Bb Clarinet in the mid-low register is very warm. People also forget alto flute. Chords written for 3-4 alto flutes are rich and beautiful. Tenor sax subtones can be great too.

Wurlis are great too, but you have to get the right setting. Mixing a Rhodes in with other instruments (again with the right setting) can also add some warmth.

So many options! :D


----------



## cc64 (Dec 8, 2011)

Hey Ned,

even though they could be perceived as cold i find Wine Glass samples played in mid-low registers and processed to taste give warm results, same for the hang drum or Balinese Gamelan if you adjust the attacks/releases so that they're less percussive. This gives warm but uneasy feeling results always cool for psychological scenes...

I also like Green Glass Harmonica in Omnisphere, a bit on the cold side but very tweakable.

HTHEVENTHOUGHIMJEALOUS ~o) 

YMMV

Good luck with the series Monsieur Ned ; )


----------



## givemenoughrope (Dec 8, 2011)

Tenor sax, absolutely. I just bought a new tenor that is unlacquered and with rolled tone holes. It's the warmest horn Ive ever played. Sounds like a bari at times.
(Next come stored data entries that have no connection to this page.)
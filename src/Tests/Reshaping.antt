-- ===== src/Tests/Reshaping.antt =====
-- base/NUtils.cxx: a histogram with two axes and two filled bins, which gets a new axis in front.
use ndmspc.Base.Int.{ℤ, pos}
use ndmspc.Base.{ℕ, ◌≡◌, refl, ap, true, List, [], ◌∷◌, is_some, some, arith, ◌⊎◌, ◌↔◌}
use ndmspc.Sparse.Defs.{Sparse, checked, is_empty, reshape_sparse_axes}
use ndmspc.Sparse.Orders.{IsArrangement, IsFitting, reshape_sparse_axes-accepts}
use ndmspc.Sparse.Points.{AreApart, IsReshaped, points, reshape_sparse_axes-IsReshaped}

-- An axis is its number of bins, a content a number.
abbrev hns : Sparse ℕ ℕ
hns = record {
  axes = 4 ∷ 5 ∷ [];
  bins = (pos 1 ∷ pos 2 ∷ [], 8) ∷ (pos 2 ∷ pos 2 ∷ [], 9) ∷ [];
  entries = 17;
}

abbrev order : List ℤ
order = pos 2 ∷ pos 1 ∷ pos 0 ∷ []

abbrev new_axes : List ℕ
new_axes = 6 ∷ []

abbrev new_point : List ℤ
new_point = pos 3 ∷ []

taken : is_some (reshape_sparse_axes hns order new_axes new_point) ≡ true
unfolding reshape_sparse_axes checked
taken = refl

hns-AreApart : AreApart (points hns)
hns-AreApart = ((λ e. absurd (ground (arith, ap second e)), tt), (tt, tt))
  where
    second : List ℤ → ℤ
    second [] = pos 0
    second (x ∷ xs) = x

reshape_sparse_axes-accepts_example :
    (is_some (reshape_sparse_axes hns order new_axes new_point) ≡ true)
    ↔ (IsFitting new_axes new_point × ((is_empty order ≡ true) ⊎ IsArrangement 3 order))
reshape_sparse_axes-accepts_example = reshape_sparse_axes-accepts hns order new_axes new_point

reshape_sparse_axes-IsReshaped_example :
    (t : Sparse ℕ ℕ) × (reshape_sparse_axes hns order new_axes new_point ≡ some t)
    × IsReshaped hns order new_axes new_point t
reshape_sparse_axes-IsReshaped_example =
    reshape_sparse_axes-IsReshaped hns order new_axes new_point taken (refl, (refl, tt))
      hns-AreApart
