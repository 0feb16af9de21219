-- ===== src/Tests/Sweeping.antt =====
-- core/NDimensionalExecutor.cxx: a sweep over a plane of two by three points.
use ndmspc.Base.Int.{pos, negsuc, ◌+ℤ◌}
use ndmspc.Base.{
  if◌then◌else◌, ◌&&◌, not, length, ◌==◌, ◌≡◌, refl, List, [], ◌∷◌, some, none, arith, ◌⊎◌,
}
use ndmspc.Sweep.Advance.{IsNext}
use ndmspc.Sweep.Box.{box, prefix, span_from, volume}
use ndmspc.Sweep.Complete.{IsReady, execute-construct, increment-IsNext, set_bounds-construct}
use ndmspc.Sweep.Defs.{
  Coords, Executor, Error, construct, check_bounds, first_bad, set_bounds, execute, visits,
  increment, increment_loop,
}

abbrev low : Coords
low = negsuc 0 ∷ pos 1 ∷ []

abbrev high : Coords
high = pos 0 ∷ pos 3 ∷ []

abbrev plane : Executor
plane = record { num_dimensions = 2; min_bounds = low; max_bounds = high; current_coords = low }

abbrev points : List Coords
points =
    (negsuc 0 ∷ pos 1 ∷ [])
    ∷ (negsuc 0 ∷ pos 2 ∷ [])
    ∷ (negsuc 0 ∷ pos 3 ∷ [])
    ∷ (pos 0 ∷ pos 1 ∷ [])
    ∷ (pos 0 ∷ pos 2 ∷ [])
    ∷ (pos 0 ∷ pos 3 ∷ [])
    ∷ []

plane_made : construct low high ≡ some plane
unfolding construct check_bounds first_bad
plane_made = refl

execute-plane : execute 6 plane ≡ some points
unfolding execute visits increment increment_loop ◌+ℤ◌
execute-plane = refl

plane_box : box low high ≡ points
unfolding box prefix span_from ◌+ℤ◌
plane_box = refl

execute-construct_example : execute 6 plane ≡ some (box low high)
unfolding volume
execute-construct_example = execute-construct low high 6 plane_made (omega arith)

plane-IsReady : IsReady plane
plane-IsReady = record { dimensions = refl; bounds = omega arith; within = omega arith }

increment-IsNext_example :
    IsNext low high low ((increment plane).0.current_coords, (increment plane).1)
increment-IsNext_example = increment-IsNext plane plane-IsReady

set_bounds-construct_example :
    ((set_bounds high low plane).1 ≡ none)
      × (construct high low ≡ some (set_bounds high low plane).0)
    ⊎ ((err : Error) × ((set_bounds high low plane).1 ≡ some err)
        × (construct high low ≡ none)
        × ((set_bounds high low plane).0 ≡ record plane {
          num_dimensions =
              if length high == length low && not (length high == 0)
              then length high
              else plane.num_dimensions;
          min_bounds = high;
          max_bounds = low;
        }))
set_bounds-construct_example = set_bounds-construct high low plane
I'd be happy to subtone pads down for anyone.


----------



## Ned Bouhalassa (Dec 8, 2011)

Amazing suggestions, friends! Merci!


----------



## EthanStoller (Dec 8, 2011)

Drumkit played with mallets is nice and warm. And the celesta.


----------



## artsoundz (Dec 8, 2011)

Speaking of mallets and celesta, The vibraphone and marimba. Particularly the marimba with soft mallets. 

Also, Tonehammer's Hang drum.


----------



## Saxer (Dec 13, 2011)

close miking, soft playing


----------



## Simplesly (Dec 13, 2011)

Hammond - play with some low drawbar combos...


----------



## Reegs (Dec 13, 2011)

The conga can be a very warm aux perc.


----------



## Jean Paul (Dec 13, 2011)

If you want to go more ethnic, for winds try the japanese flute shakuhachi (bamboo) very soulful. Also ney or duduk. 
For strings, cello played softly of course. Harp with lo sordino strings makes very warm effect.


----------



## paoling (Dec 14, 2011)

Omnisphere features the burning piano from Diego Stocco! But maybe that's too warm


----------



## Ed (Dec 14, 2011)

They say women don't make warm winds.


----------